Monday, September 29, 1997

INFP Revisited

For the second time in my life I took a personality test. For the second straight time, I failed. I have no personality or at least my personality barely registers. Tee hee. Just joshing you all. I am nothing if not Mr. Personality.

Once again I took the Briggs-Myers test and the results were the same: I am an I (introvert rather than extrovert), N (intuitive rather than sensing), F (feeling rather than thinking), P (perceptive rather than judging). What was a bit scary this time around was that my scores in each area were more clearly defined meaning I am becoming even more David than ever before. And believe me that's the last thing this world needs and exactly what I have been working hard to avoid.

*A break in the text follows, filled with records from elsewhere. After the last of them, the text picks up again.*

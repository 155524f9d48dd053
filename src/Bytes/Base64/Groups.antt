-- ===== src/Bytes/Base64/Groups.antt =====
-- One group of three bytes and four characters: what the two tables and the masks come to.
use Prim.Native.Nat.{bit_and, bit_or}
use vicare_scheme.Base.{
  ℕ, ◌+◌, ◌*◌, ◌/◌, ◌%◌, ◌<◌, ◌≡◌, refl, sym, Bool, true, false, not, ◌&&◌, ◌||◌, arith, leb, ◌==◌,
  false-true, get_or,
}
use vicare_scheme.Numerics.Shifts.Limbs.{bit_or-disjoint}
use vicare_scheme.Bytes.Bits.{holds_below, by_trial, agree_below, bit_and-63, bit_and-255}
use vicare_scheme.Bytes.Base64.{
  alphabet, symbol, sextet, refused, first_byte, second_byte, third_byte,
}

-- What a character of the alphabet is for the decoder.
pub record Character (v c : ℕ) : Type 0 where
  pub value : sextet c ≡ v
  pub accepted : refused c ≡ false
  pub no_padding : (c == 61) ≡ false

sextet-alphabet : (v : ℕ) → v < 64 → sextet (get_or alphabet v 0) ≡ v
unfolding holds_below sextet
sextet-alphabet = agree_below (λ v. sextet (get_or alphabet v 0)) (λ v. v) 64 refl

alphabet_accepted :
    (v : ℕ)
    → v < 64
    → (not (refused (get_or alphabet v 0)) && not (get_or alphabet v 0 == 61)) ≡ true
unfolding holds_below refused sextet
alphabet_accepted =
    by_trial (λ v. not (refused (get_or alphabet v 0)) && not (get_or alphabet v 0 == 61)) 64 refl

alphabet-Character : (v : ℕ) → v < 64 → Character v (get_or alphabet v 0)
alphabet-Character v h = record {
  value = sextet-alphabet v h;
  accepted = ground (arith, alphabet_accepted v h);
  no_padding = ground (arith, alphabet_accepted v h);
}

pub symbol-Character : (v w : ℕ) → w < 16384 → w % 64 ≡ v → Character v (symbol w)
unfolding symbol
symbol-Character v w h e = rw (bit_and-63 w h, e) (alphabet-Character v (omega arith))

masked_low : (n : ℕ) → n < 65536 → bit_and 63 (bit_or (n / 256 * 64) (n % 256)) ≡ n % 64
unfolding holds_below
masked_low =
    agree_below (λ n. bit_and 63 (bit_or (n / 256 * 64) (n % 256))) (λ n. n % 64) 65536 refl

-- The last character does not see the byte before it.
last-Character : (b c : ℕ) → b < 256 → c < 256 → Character (c % 64) (symbol (bit_or (b * 64) c))
unfolding symbol
last-Character b c hb hc =
    let q : (b * 256 + c) / 256 ≡ b = omega arith in
    let r : (b * 256 + c) % 256 ≡ c = omega arith in
    let s : (b * 256 + c) % 64 ≡ c % 64 = omega arith in
    let e : bit_and 63 (bit_or (b * 64) c) ≡ c % 64 =
      rw (q, r, s) at (masked_low (b * 256 + c) (omega arith)) in
    rw e (alphabet-Character (c % 64) (omega arith))

pub or_four : (a b : ℕ) → b < 16 → bit_or (a * 16) b ≡ a * 16 + b
or_four a b h = bit_or-disjoint 4 a b h

pub or_two : (b c : ℕ) → c < 4 → bit_or (b * 4) c ≡ b * 4 + c
or_two b c h = bit_or-disjoint 2 b c h

or_six : (a b : ℕ) → b < 64 → bit_or (a * 64) b ≡ a * 64 + b
or_six a b h = bit_or-disjoint 6 a b h

pub first_byte-sum : (s t : ℕ) → s < 64 → t < 64 → first_byte s t ≡ s * 4 + t / 16
unfolding first_byte
first_byte-sum s t hs ht =
    let e : s * 4 % 256 ≡ s * 4 = omega arith in
    let f : t / 16 % 256 ≡ t / 16 = omega arith in
    rw (bit_and-255 (s * 4) (omega arith), bit_and-255 (t / 16) (omega arith), e, f)
      (or_two s (t / 16) (omega arith))

pub second_byte-sum : (t u : ℕ) → t < 64 → u < 64 → second_byte t u ≡ t % 16 * 16 + u / 4
unfolding second_byte
second_byte-sum t u ht hu =
    let e : t * 16 % 256 ≡ t % 16 * 16 = omega arith in
    let f : u / 4 % 256 ≡ u / 4 = omega arith in
    rw (bit_and-255 (t * 16) (omega arith), bit_and-255 (u / 4) (omega arith), e, f)
      (or_four (t % 16) (u / 4) (omega arith))

pub third_byte-sum : (u v : ℕ) → u < 64 → v < 64 → third_byte u v ≡ u % 4 * 64 + v
unfolding third_byte
third_byte-sum u v hu hv =
    let e : u * 64 % 256 ≡ u % 4 * 64 = omega arith in
    let f : v % 256 ≡ v = omega arith in
    rw (bit_and-255 (u * 64) (omega arith), bit_and-255 v (omega arith), e, f) (or_six (u % 4) v hv)

-- The characters of three bytes decode to these.
pub record Group (a b c : ℕ) : Type 0 where
  pub first : Character (a / 4) (symbol (a / 4))
  pub second : Character (a % 4 * 16 + b / 16) (symbol (bit_or (a * 16) (b / 16)))
  pub third : Character (b % 16 * 4 + c / 64) (symbol (bit_or (b * 4) (c / 64)))
  pub fourth : Character (c % 64) (symbol (bit_or (b * 64) c))
  pub low_second : Character (a % 4 * 16) (symbol (a * 16))
  pub low_third : Character (b % 16 * 4) (symbol (b * 4))

pub bytes-Group : (a b c : ℕ) → a < 256 → b < 256 → c < 256 → Group a b c
bytes-Group a b c ha hb hc = record {
  first = symbol-Character (a / 4) (a / 4) (omega arith) (omega arith);
  second =
      rw (or_four a (b / 16) (omega arith))
        (symbol-Character (a % 4 * 16 + b / 16) (a * 16 + b / 16) (omega arith) (omega arith));
  third =
      rw (or_two b (c / 64) (omega arith))
        (symbol-Character (b % 16 * 4 + c / 64) (b * 4 + c / 64) (omega arith) (omega arith));
  fourth = last-Character b c hb hc;
  low_second = symbol-Character (a % 4 * 16) (a * 16) (omega arith) (omega arith);
  low_third = symbol-Character (b % 16 * 4) (b * 4) (omega arith) (omega arith);
}

-- The characters of RFC 4648.
unfoldable pub in_alphabet : ℕ → Bool
in_alphabet c =
    (leb 65 c && leb c 90)
    || ((leb 97 c && leb c 122) || ((leb 48 c && leb c 57) || ((c == 43) || (c == 47))))

-- The entries of the decoding table that are 0 although they stand for no character.
unfoldable pub stray : ℕ → Bool
stray c = (c == 9) || ((c == 19) || ((c == 29) || (c == 39)))

agree : Bool → Bool → Bool
agree true b = b
agree false b = not b

agree-elim : (a b : Bool) → agree a b ≡ true → a ≡ b
unfolding agree
agree-elim true b e = sym e
agree-elim false true e = absurd (false-true e)
agree-elim false false e = refl

refused-table : (c : ℕ) → c < 256 → agree (refused c) (not (in_alphabet c || stray c)) ≡ true
unfolding holds_below refused sextet in_alphabet stray agree
refused-table = by_trial (λ c. agree (refused c) (not (in_alphabet c || stray c))) 256 refl

-- A byte is refused exactly if it is neither in the alphabet of RFC 4648 nor one of 9, 19, 29 and
-- 39.
pub refused_exactly : (c : ℕ) → c < 256 → refused c ≡ not (in_alphabet c || stray c)
refused_exactly c h = agree-elim (refused c) (not (in_alphabet c || stray c)) (refused-table c h)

In a way it was discouraging to get the same results as four years back. The events that have gone down in that period most certainly have changed me and colored my personality and one almost wants to cling to the belief that at the very least the personality isn't one of those things that is etched in stone and predetermined. One thing that struck me while reading the material of what being an INFP means was the statement that as someone who is more intuitive than sensing I often let my inspirations lead me, good or bad, for better or for worse. If there is one epitaph that would be appropriate to put on my tombstone that might be it. The bigger mistakes I have made in my life have often been caused by feeling a certain sense of inspiration and believing deeply that is the path I should follow. That many of those paths ended where they did in logical retrospect shouldn't come as any surprise yet each dead end takes a little more out of you. Do Itashi-Mashete.

To have its employees take the Briggs- Myers is sort of a 90's thing to do for organizations who have bought into the importance of the concepts of Quality, mission and vision statements, valuing employees and seeing the importance of the value of the employees' ideas to improve the day to day business. A happy employee is a productive employee; an unhappy employee is counterproductive to the goals of the many. To know your personality type is to know how that might effect the manner in which you interact with your boss and co-workers and their personality types. The last time I took the test I was so stunned at how closely my defined personality type matched the written description that I went out and deliberately sought tasks that went against what I was supposed to do best. Call it strengthening your weaknesses and weakening the vanity of your strengths.

While it's not exactly the most comforting thought in the world to think that your personality can be so scientifically analyzed and put into neat little boxes it is helpful to understand better how your own thought processes work (or don't work) and how you go about assimilating information as well as how those you must work with do the same. The Briggs-Myers even goes so far as to suggest the type of work those in your personality type usually seek or excel in (I think Mom's told her she would be an outstanding truck driver). For an INFP the occupational field types were defined as "arts and communications."

To put absolute credence in the validity of these tests would be a tad foolish of course. An organization is only as good as its individual parts. The individual parts are only as good as their ability to adapt to their organization's challenges. In other words in the best mental institutions the analytical standardized tests are only as effective in judging a patient's state of mind and potential to be cured as the group ceramics class. Or so I would hope. In the workplace this translates into the high chance of failure between two co-workers if they base their interaction on test driven definitions of how they should interface with each other. I may not know much about people but I do know enough to know to get along with another is to try to understand what makes them unique not what links them with other similar personality types.

So to better understand the bias' of the mind that puts together this publication every week let it be said that as an INFP I may not say much and I have a tendency to isolate myself. I don't always make logical, structured decisions because I value spontaneity and creativity above all else. What I am seeking in life isn't so much a Cancer or an Aries, but rather anyone who can shift boxes when the need be. And damn if that isn't getting harder and harder to do as the years go by.